Boston, Massachusetts

So back to my point: why do I think moving the City Hall is a good idea and why do I think the old one should be preserved? I think the City Hall is also, symbolically, important to Boston's history. It represents the period of authoritarian Boston, when the West End disappeared and the city fell apart over busing and in the worst period of public housing. The building itself, with its brutallist facade raising fortress like over the windswept no-man's land of Government Plaza is a fitting memorial to all of the people who lost their homes or lived in poverty during this period. To remove it would be to give up or gloss over this period of Boston's history, and I think that's wrong. I think we need the building there to remind us what urban governance in the second half of the twentieth century was like. We need to remember Boston's dark age. My personal hope would be something like a Museum of the West End (how cool could that be, with so many residents still living who could contribute), Museum of Boston History, Museum of "Urban Renewal" or something like that. The square itself could still be redeveloped, but with building still intact.

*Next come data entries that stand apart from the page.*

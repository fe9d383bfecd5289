-- ===== src/Runtime/Typed/Opcodes.antt =====
-- oplr/src/EN_ARITH.CPP, EN_CMP.CPP, LB_MATHS.CPP and OPLCONV.CPP: each opcode finds operands of
-- its types on the stack and gives a value of its result type, or leaves.
use opl_dev.Prelude.{
  ℕ, zero, suc, ◌+◌, ◌≤◌, List, [], ◌∷◌, ◌++◌, ◌≡◌, Bool, length, length-append, ltb, true, Option,
  Bool-cases, inl, inr, arith,
}
use opl_dev.Prelude.Int.{ℤ, pos, pos_part, neg_part}
use opl_dev.Prelude.Outcome.{
  Outcome, leave, ◌>>=◌, leave_on, divide_by_zero, Leaves, Leaves-bind, Leaves-if, Leaves-checked,
  LeaveCode,
}
use opl_dev.Translator.Token.{OplType, word, long, real, string, u_word}
use opl_dev.Translator.Expr.Typing.{is_value}
use opl_dev.Runtime.Stack.{Stack, pop_int16, pop_int32}
use opl_dev.Runtime.Reals.{Platform}
use opl_dev.Runtime.Arith.{
  is_zero, push_int, push_long, multiply_l, multiply_l16, add_int, add_long, subtract_int,
  subtract_long, multiply_int, multiply_long, divide_int, divide_long, and_int, and_long, or_int,
  or_long, not_int, not_long, unary_minus_int, unary_minus_long, add_string, and_float, or_float,
  not_float, unary_minus_float,
}
use opl_dev.Runtime.Compare.{
  compare_by, compare_less_than, compare_less_or_equal, compare_greater_than,
  compare_greater_or_equal, compare_equal, compare_not_equal,
}
use opl_dev.Runtime.Maths.{
  multiply_int_loop, multiply_long_loop, divide_int_loop, divide_long_loop, power_of_int,
  power_of_long, with_reals, checked_op, add_float, subtract_float, multiply_float, divide_float,
  power_of_float, percent_greater_than, percent_less_than, percent_subtract, percent_multiply,
  percent_divide, percent_add,
}
use opl_dev.Runtime.Convert.{
  long_to_int, float_to_int, float_to_long, int_to_long, int_to_float, long_to_float, long_to_u_int,
  float_to_u_int, without_underflow,
}
use opl_dev.Runtime.Typed.{
  TypedOpcode, Typed, pop_int16-Typed, pop_int32-Typed, push_int-Typed, push_u_int-Typed,
  push_long-Typed, push_real-Typed, push_text-Typed, with_ints-Typed, with_longs-Typed,
  with_floats-Typed, with_texts-Typed, with_int16-Typed, with_int32-Typed, with_real64-Typed,
}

But that doesn't mean that we need to keep the functions of our government there. To me, the movement to the waterfront makes perfect sense in our new post-industrial city. It symbolizes the democratization of space that has come with deindustrialization, namely, the fact that we've now regained the waterfront from its former industrial uses for uses of public space and recreation. Now, there are still a lot of questions that need to be addressed to make sure that the City Hall actually would be public space. For example, transit would need to improve to make sure that everyone can get there. But that's maybe for another post. For me, the idea of a waterfront City Hall perfectly fits into Boston's vision for the future, one that, hopefully, will be a whole lot more participatory then the past.